A divided Congress should not influence lawmakers’ ability to pass meaningful legislation supporting high-quality early childhood education, according to a new bipartisan poll commissioned by the First Five Years Fund. The federal advocacy organization’s sixth year of national polling, conducted in the days following the 2018 midterm elections, shows that both Democratic and Republican voters expect members of Congress to work together to break partisan gridlock and get things done – and that investment in early childhood education has strong support across parties.
The national FFYF polling results align with findings from an Idaho poll released last year. That survey, conducted in 2017 by the public opinion research firm Moore Information for the Idaho Association for the Education of Young Children, found that Idaho voters and parents of young children believe the early years of life are important in a child’s brain development and that the state should be doing more to support early learning opportunities.
As Idaho enters a Legislative session under new Gov. Brad Little, who has spotlighted education as his top priority, these discussions are increasingly important. Idaho remains one of only a handful of states that does not currently invest in public preschool options for families. Less than half of Idaho children begin kindergarten with grade-level reading skills, and many never catch up with their classmates.
“Early education should be a safe issue for policymakers,” said Idaho AEYC Executive Director Beth Oppenheimer. “Idaho voters and parents want our children to start school prepared to thrive, and research shows that children with access to quality preschool are more likely to excel through their school years and beyond. Focusing on the early years is a vital part of addressing Idaho education as a whole.”
Here’s a look at key findings from both polls:
Importance of early years: Voters say there are many benefits to children attending high-quality education, according to the FFYF poll. In addition to academic success throughout a child’s school years and the development of important social skills such as self-confidence and self-discipline, a majority agreed that high-quality early education can help break the cycle of poverty, boost long-term economic outlook by ensuring highly-skilled future workers, and enable mothers to start or continue their careers.
The Idaho AEYC poll found that 70 percent of voters believe ages 0 to 5 are the most important time for a child’s brain development. Eighty-five percent of voters and 91 percent of parents with children 5 or younger believe access to quality, affordable preschool options for Idaho families enhances children’s educational performance in elementary school.
Affordability and quality: The FFYF poll found that voters of all income levels acknowledge a critical lack of quality, affordable early childhood education opportunities. Only 15 percent of voters say most or all local programs available to lower- and middle-income families are high-quality and affordable.
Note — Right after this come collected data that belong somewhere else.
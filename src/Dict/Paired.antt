-- ===== src/Dict/Paired.antt =====
-- Two dictionaries with the same keys in the same order, whose values are related at each key.
use model_lib.Prelude.{
  ℕ, suc, ◌≡◌, refl, sym, ap, subst, [], ◌∷◌, some, arith, ◌==◌, ==_iff, Bool-cases, inl, inr,
  length,
}
use model_lib.Dict.{Dict, get, put, erase, keys}
use mathlib.Core.Path.{ap₂}

module _ {V : Type 0} where
  abbrev pub Paired : (ℕ → V → V → Type 0) → Dict V → Dict V → Type 0
  Paired R [] [] = Unit
  Paired R [] (f ∷ e) = ⊥
  Paired R (f ∷ d) [] = ⊥
  Paired R ((k, v) ∷ d) ((j, w) ∷ e) = (j ≡ k) × R k v w × Paired R d e

  module _ (R : ℕ → V → V → Type 0) where
    pub Paired-put :
        (k : ℕ) (v w : V) (d e : Dict V) → R k v w → Paired R d e → Paired R (put k v d) (put k w e)
    unfolding put
    Paired-put k v w [] [] r h = (refl, r, tt)
    Paired-put k v w [] (f ∷ e) r h = absurd h
    Paired-put k v w (f ∷ d) [] r h = absurd h
    Paired-put k v w ((i, a) ∷ d) ((j, b) ∷ e) r h = elim (Bool-cases (i == k)) [
      | inl hit ↦ rw (h.0, hit) (refl, subst (λ x. R x v w) (sym ((==_iff i k).0 hit)) r, h.2)
      | inr miss ↦ rw (h.0, miss) (refl, h.1, Paired-put k v w d e r h.2)
    ]

    pub Paired-erase : (k : ℕ) (d e : Dict V) → Paired R d e → Paired R (erase k d) (erase k e)
    unfolding erase
    Paired-erase k [] [] h = tt
    Paired-erase k [] (f ∷ e) h = absurd h
    Paired-erase k (f ∷ d) [] h = absurd h
    Paired-erase k ((i, a) ∷ d) ((j, b) ∷ e) h = elim (Bool-cases (i == k)) [
      | inl hit ↦ rw (h.0, hit) h.2
      | inr miss ↦ rw (h.0, miss) (refl, h.1, Paired-erase k d e h.2)
    ]

    -- What one of the two holds at a key, the other holds too, related.
    pub Paired-get :
        (k : ℕ) (d e : Dict V) {v : V}
        → Paired R d e
        → get k d ≡ some v
        → (w : V) × (get k e ≡ some w) × R k v w
    unfolding get
    Paired-get k [] e h g = cc
    Paired-get k (f ∷ d) [] h g = absurd h
    Paired-get k ((i, a) ∷ d) ((j, b) ∷ e) {v} h g = elim (Bool-cases (i == k)) [
      | inl hit ↦ (
        b,
        rw (h.0, hit),
        subst (λ x. R x v b) ((==_iff i k).0 hit) (subst (λ x. R i x b) (ground arith) h.1),
      )
      | inr miss ↦
          let (w, found, r) = Paired-get k d e h.2 (ground arith) in (w, rw (h.0, miss) found, r)
    ]

    pub Paired-get_right :
        (k : ℕ) (d e : Dict V) {w : V}
        → Paired R d e
        → get k e ≡ some w
        → (v : V) × (get k d ≡ some v) × R k v w
    unfolding get
    Paired-get_right k d [] h g = cc
    Paired-get_right k [] (f ∷ e) h g = absurd h
    Paired-get_right k ((i, a) ∷ d) ((j, b) ∷ e) {w} h g = elim (Bool-cases (i == k)) [
      | inl hit ↦ (
        a,
        rw hit,
        subst (λ x. R x a w) ((==_iff i k).0 hit) (subst (λ x. R i a x) (ground (arith, h.0)) h.1),
      )
      | inr miss ↦
          let (v, found, r) = Paired-get_right k d e h.2 (ground (arith, h.0)) in
          (v, rw miss found, r)
    ]

    pub Paired-map :
        (S : ℕ → V → V → Type 0) (d e : Dict V)
        → ((k : ℕ) (v w : V) → R k v w → S k v w)
        → Paired R d e
        → Paired S d e
    Paired-map S [] [] f h = tt
    Paired-map S [] (x ∷ e) f h = absurd h
    Paired-map S (x ∷ d) [] f h = absurd h
    Paired-map S ((i, a) ∷ d) ((j, b) ∷ e) f h = (h.0, f i a b h.1, Paired-map S d e f h.2)

    pub Paired-length : (d e : Dict V) → Paired R d e → length d ≡ length e
    Paired-length [] [] h = refl
    Paired-length [] (x ∷ e) h = absurd h
    Paired-length (x ∷ d) [] h = absurd h
    Paired-length (f ∷ d) (g ∷ e) h = ap suc (Paired-length d e h.2)

    pub Paired-keys : (d e : Dict V) → Paired R d e → keys e ≡ keys d
    Paired-keys [] [] h = refl
    Paired-keys [] (x ∷ e) h = absurd h
    Paired-keys (x ∷ d) [] h = absurd h
    Paired-keys ((i, a) ∷ d) ((j, b) ∷ e) h = ap₂ ◌∷◌ h.0 (Paired-keys d e h.2)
The Idaho AEYC poll similarly highlighted widespread concerns about the quality and affordability of preschool programs. Only 22 percent of voters surveyed rate the quality of preschool opportunities in Idaho for children ages 3 to 5 years old as excellent or above average, while 32 percent say these opportunities are only average and 24 percent say they are below average or poor. Nearly half of Idaho voters and 55 percent of parents deem preschool programs either very or somewhat unaffordable. In fact, 25 percent of parents who don’t have their young children in preschool say it’s because they can’t afford it.
Kindergarten readiness: Two-thirds of American voters say we need to do more to ensure children are better prepared when they start kindergarten, according to the FFYF poll. That holds true in Idaho as well: The Idaho AEYC poll found that 69 percent of voters and parents believe the state should be doing more to ensure that Idaho children begin kindergarten with the knowledge and skills they need to do their best in school. Only 25 percent believe that Idaho’s preschool-age children are prepared for kindergarten.
Funding support: Republicans, Democrats and independents all support proposals that help more families access high-quality early learning and child care opportunities. The following proposals each received support from at least 80 percent of those polled:
Tax incentives to businesses that provide or help employees afford quality early childhood education programs.
Increased federal funding to states so they can create or build on their own programs to directly help low-income children.
Increased child care tax credit to help parents afford quality child care and early education programs.
More funding to Head Start and Early Head Start.
The Idaho AEYC poll found strong support for state investment in preschool – 80 percent of parents and 76 percent of voters.
The FFYF research concludes that there’s no risk for a member of Congress to support early childhood education – in fact, voters are eight times more likely to have a favorable opinion of those who do. One in four voters say early childhood education is a primary factor in deciding whether to support an elected official. Also, 84 percent of Democrats and 74 percent of independents want to see increased funding for early childhood education even if it means the Trump administration can take credit for helping children and families.
“As the new Congress gets underway, lawmakers should look to early childhood education as an issue where they can cut through the partisan divide and accomplish something meaningful on behalf of their constituents,” said First Five Years Fund Executive Director Sarah Rittling. “Early childhood education isn’t just smart policy – it’s also smart politics.”